I bought Sam my pretty red, white, and blue crowntail, and then as I was hunting around in the back, I found three females, all red/brown and shy. Except one. I heard females could flip their beards out, and I didn't really believe them. Until this one did a partial. She stared me down, started to flip her beard out, and then stopped when I set her down to see the treasure my brother found: a "gunmetal" grey VT with red streaks in his fins temporarily named Switchblade but ultimately named Steele (after telling him that he should spell it in a fancy way, add a little flourish that will really get someone going, like how I intended to name the female: Ember Phoenyx).
With technically six/seven bettas of my own (as my brother leaves to go to his cousins' house rather frequently and leaves me on Fish Duty), I've found something that keeps me getting up in the morning, keeps me thinking less on the bad things and more on the good.
I've decided to share funny stories of my bettas with you, what they do on a daily basis, what they like and where they sleep to give me a heart attack, which ones are my babies and which one is my angel...but only if you want.

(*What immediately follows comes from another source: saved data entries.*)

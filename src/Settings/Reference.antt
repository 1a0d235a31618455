-- ===== src/Settings/Reference.antt =====
-- SetDefaults against a reading of the schema that goes down one path and changes no map.
use provider_exoscale.Prelude.{
  String, Bool, true, false, ◌≡◌, refl, ap, ◌∙◌, List, [], ◌∷◌, Option, none, some, ◌==◌,
  if◌then◌else◌, eq_iff, eq_refl, arith, Bool-cases, Option-cases, inl, inr,
}
use mathlib.Core.Option.{some-injective}
use provider_exoscale.Json.{Json, null, bool, int, float, str, arr, obj, Fields, end, lookup}
use provider_exoscale.Json.Laws.{lookup-insert}
use provider_exoscale.Settings.{
  Schema, schema, Schemas, none_left, entry, has_default, submap, set_leaf, set_entry,
  set_properties, find_schema,
}
use provider_exoscale.Settings.Laws.{
  set_nested, distinct, distinct_in, lookup_unnamed, set_entry_other, last_entry,
}
use provider_exoscale.Settings.Idempotent.{unchanged_properties}

-- The value at a key after its round, from the value before.
abbrev or_default : Json → Option Json → Option Json
or_default d (some v) = some v
or_default d none = if has_default d then some d else none

abbrev changed_to : Option Json → Fields × Bool → Option Json
changed_to before r = if r.1 then some (obj r.0) else before

abbrev nested_after : (Fields → Fields × Bool) → Option Json → Option Fields → Option Json
nested_after f before none = before
nested_after f before (some m) = changed_to before (f m)

abbrev value_after : Schema → Option Json → Option Json
value_after (schema d none_left) before = or_default d before
value_after (schema d (entry k s ps)) before =
    nested_after (set_properties (entry k s ps)) before (submap before)

abbrev entry_after : Option Schema → Option Json → Option Json
entry_after none before = before
entry_after (some s) before = value_after s before

lookup-set_leaf :
    (d : Json) (k : String) (m : Fields) → lookup k (set_leaf d k m).0 ≡ or_default d (lookup k m)
lookup-set_leaf d k m = elim (Option-cases (lookup k m)) [
  | inl gone ↦ ground (arith, lookup-insert k k d m, eq_refl k)
  | inr (v, here) ↦ ground arith
]

lookup-set_nested :
    (k : String) (m : Fields) (f : Fields → Fields × Bool) (o : Option Fields)
    → lookup k (set_nested k m f o).0 ≡ nested_after f (lookup k m) o
lookup-set_nested k m f none = refl
lookup-set_nested k m f (some sub) = elim (Bool-cases (f sub).1) [
  | inl changed ↦ rw changed (rw (lookup-insert k k (obj (f sub).0) m) (rw (eq_refl k) refl))
  | inr kept ↦ rw kept refl
]

lookup-set_entry :
    (s : Schema) (k : String) (m : Fields)
    → lookup k (set_entry s k m).0 ≡ value_after s (lookup k m)
unfolding set_entry
lookup-set_entry (schema d none_left) k m = lookup-set_leaf d k m
lookup-set_entry (schema d (entry j s ps)) k m =
    lookup-set_nested k m (set_properties (entry j s ps)) (submap (lookup k m))

-- The value at a key after all rounds depends on the schema of that key and the value before only.
lookup-set_properties :
    (ps : Schemas) (k : String) (m : Fields)
    → distinct ps ≡ true
    → lookup k (set_properties ps m).0 ≡ entry_after (find_schema k ps) (lookup k m)
unfolding set_properties find_schema distinct
lookup-set_properties none_left k m h = refl
lookup-set_properties (entry key s ps) k m h = elim (Bool-cases (key == k)) [
  | inl same ↦
      let p : key ≡ k = (eq_iff key k).0 same in
      lookup_unnamed ps k (set_entry s key m).0 (rw p at (last_entry key s ps h))
      ∙ rw (same, p) (lookup-set_entry s k m)
  | inr other ↦
      lookup-set_properties ps k (set_entry s key m).0 (ground arith)
      ∙ rw (other, set_entry_other s key k m other) refl
]

-- The value at the end of a path of keys.
abbrev pub inside : String → Option Json → Option Json
inside k (some (obj m)) = lookup k m
inside k _ = none

unfoldable pub descend : Option Json → List String → Option Json
descend v [] = v
descend v (k ∷ path) = descend (inside k v) path

-- A value that is no object.
abbrev pub scalar : Option Json → Option Json
scalar (some (obj m)) = none
scalar v = v

-- The reference: what stands at the end of a path below a value, where the schema of the value is
-- given. A value that is there stays; one that is missing is the default of its schema, if the schema
-- has one and no properties; below an object, or a missing one, the properties go on.
unfoldable pub read_default : Option Schema → Option Json → List String → Option Json
read_default none before path = descend before path
read_default (some (schema d none_left)) before path = descend (or_default d before) path
read_default (some (schema d (entry j s ps))) before [] = before
read_default (some (schema d (entry j s ps))) before (k ∷ path) = elim (submap before) [
  | none ↦ none
  | some m ↦ read_default (find_schema k (entry j s ps)) (lookup k m) path
]

descend-none : (path : List String) → descend none path ≡ none
unfolding descend
descend-none [] = refl
descend-none (k ∷ path) = descend-none path

abbrev distinct_found : Option Schema → Bool
distinct_found none = true
distinct_found (some s) = distinct_in s

distinct-find_schema :
    (k : String) (ps : Schemas) → distinct ps ≡ true → distinct_found (find_schema k ps) ≡ true
unfolding find_schema distinct
distinct-find_schema k none_left h = refl
distinct-find_schema k (entry j s ps) h = elim (Bool-cases (j == k)) [
  | inl same ↦ rw same (ground arith)
  | inr other ↦ rw other (distinct-find_schema k ps (ground arith))
]

-- What an object, or a missing one, has at a key after the defaults have gone into it.
inside-submap :
    (k : String) (before : Option Json) (m : Fields)
    → submap before ≡ some m
    → inside k before ≡ lookup k m
unfolding lookup
inside-submap k none m h = ap (lookup k) (some-injective end m h)
inside-submap k (some (obj n)) m h = ap (lookup k) (some-injective n m h)
inside-submap k (some null) m h = cc
inside-submap k (some (bool b)) m h = cc
inside-submap k (some (int n)) m h = cc
inside-submap k (some (float x)) m h = cc
inside-submap k (some (str s)) m h = cc
inside-submap k (some (arr xs)) m h = cc

inside-nested_after :
    (ps : Schemas) (k : String) (before : Option Json) (m : Fields)
    → submap before ≡ some m
    → inside k (nested_after (set_properties ps) before (some m)) ≡ lookup k (set_properties ps m).0
inside-nested_after ps k before m h = elim (Bool-cases (set_properties ps m).1) [
  | inl changed ↦ rw changed refl
  | inr kept ↦ rw (kept, unchanged_properties ps m kept) (inside-submap k before m h)
]

scalar-changed_to :
    (before : Option Json) (r : Fields × Bool)
    → scalar before ≡ none
    → scalar (changed_to before r) ≡ none
scalar-changed_to before (m, true) h = refl
scalar-changed_to before (m, false) h = h

scalar-nested_after :
    (f : Fields → Fields × Bool) (before : Option Json)
    → scalar (nested_after f before (submap before)) ≡ scalar before
scalar-nested_after f none = scalar-changed_to none (f end) refl
scalar-nested_after f (some (obj m)) = scalar-changed_to (some (obj m)) (f m) refl
scalar-nested_after f (some null) = refl
scalar-nested_after f (some (bool b)) = refl
scalar-nested_after f (some (int n)) = refl
scalar-nested_after f (some (float x)) = refl
scalar-nested_after f (some (str s)) = refl
scalar-nested_after f (some (arr xs)) = refl

inside_other : (k : String) (before : Option Json) → submap before ≡ none → inside k before ≡ none
inside_other k none h = cc
inside_other k (some (obj n)) h = cc
inside_other k (some null) h = refl
inside_other k (some (bool b)) h = refl
inside_other k (some (int n)) h = refl
inside_other k (some (float x)) h = refl
inside_other k (some (str s)) h = refl
inside_other k (some (arr xs)) h = refl

read_below :
    (ps : Schemas) (k : String) (path : List String) (before : Option Json) (o : Option Fields)
    → submap before ≡ o
    → ((m : Fields)
        → scalar (descend (lookup k (set_properties ps m).0) path)
          ≡ scalar (read_default (find_schema k ps) (lookup k m) path))
    → scalar (descend (inside k (nested_after (set_properties ps) before o)) path)
      ≡ scalar (elim o [ none ↦ none | some m ↦ read_default (find_schema k ps) (lookup k m) path ])
read_below ps k path before none e below =
    ap (λ v. scalar (descend v path)) (inside_other k before e) ∙ ap scalar (descend-none path)
read_below ps k path before (some m) e below =
    ap (λ v. scalar (descend v path)) (inside-nested_after ps k before m e) ∙ below m

read_after :
    (path : List String) (s : Option Schema) (before : Option Json)
    → distinct_found s ≡ true
    → scalar (descend (entry_after s before) path) ≡ scalar (read_default s before path)
unfolding descend read_default distinct
read_after path none before h = refl
read_after path (some (schema d none_left)) before h = refl
read_after [] (some (schema d (entry j s ps))) before h =
    scalar-nested_after (set_properties (entry j s ps)) before
read_after (k ∷ path) (some (schema d (entry j s ps))) before h =
    read_below (entry j s ps) k path before (submap before) refl (λ m.
      ap (λ v. scalar (descend v path)) (lookup-set_properties (entry j s ps) k m h)
      ∙ read_after path (find_schema k (entry j s ps)) (lookup k m)
          (distinct-find_schema k (entry j s ps) h))

-- The loop of setDefaults refines the reference: for a schema in which no key stands twice and along
-- every path of keys, what the map with its defaults has at the end of the path, if it is no object, is
-- what the reference reads off the schema and the input, and the reference finds an object or nothing
-- where the map has an object or nothing.
pub set_properties_reference :
    (ps : Schemas) (m : Fields) (k : String) (path : List String)
    → distinct ps ≡ true
    → scalar (descend (lookup k (set_properties ps m).0) path)
      ≡ scalar (read_default (find_schema k ps) (lookup k m) path)
set_properties_reference ps m k path h =
    ap (λ v. scalar (descend v path)) (lookup-set_properties ps k m h)
    ∙ read_after path (find_schema k ps) (lookup k m) (distinct-find_schema k ps h)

I don't even know how a "journal" works here, but I'm sure we can figure it out together, which usually entails you yelling at me...I can be rather dumb and slow, you know.
So, here it goes, I guess.
(Pet Central) is what we call the upstairs. We have seven bettas up there, a dwarf rabbit (STILL!!), a guinea pig, a hamster, and two budgies, plus whatever cats lay up there and sneak into my room to terrorize my not-scared-to-growl rabbit.


----------



## PrincessSeyshells (Oct 9, 2012)

Great read! I love your little "origin" stories with your babies. I suffer from depression too and I wouldn't be anywhere near where I am without my dogs and my fish.  Animals truly are angels.


----------



## JawsandChess (Apr 16, 2016)

I am extremely interested in you continuing. Please do.  Sorry no one commented before. Have a good day, me <3


----------



## JawsandChess (Apr 16, 2016)

PrincessSeyshells said:


> Great read! I love your little "origin" stories with your babies. I suffer from depression too and I wouldn't be anywhere near where I am without my dogs and my fish.  Animals truly are angels.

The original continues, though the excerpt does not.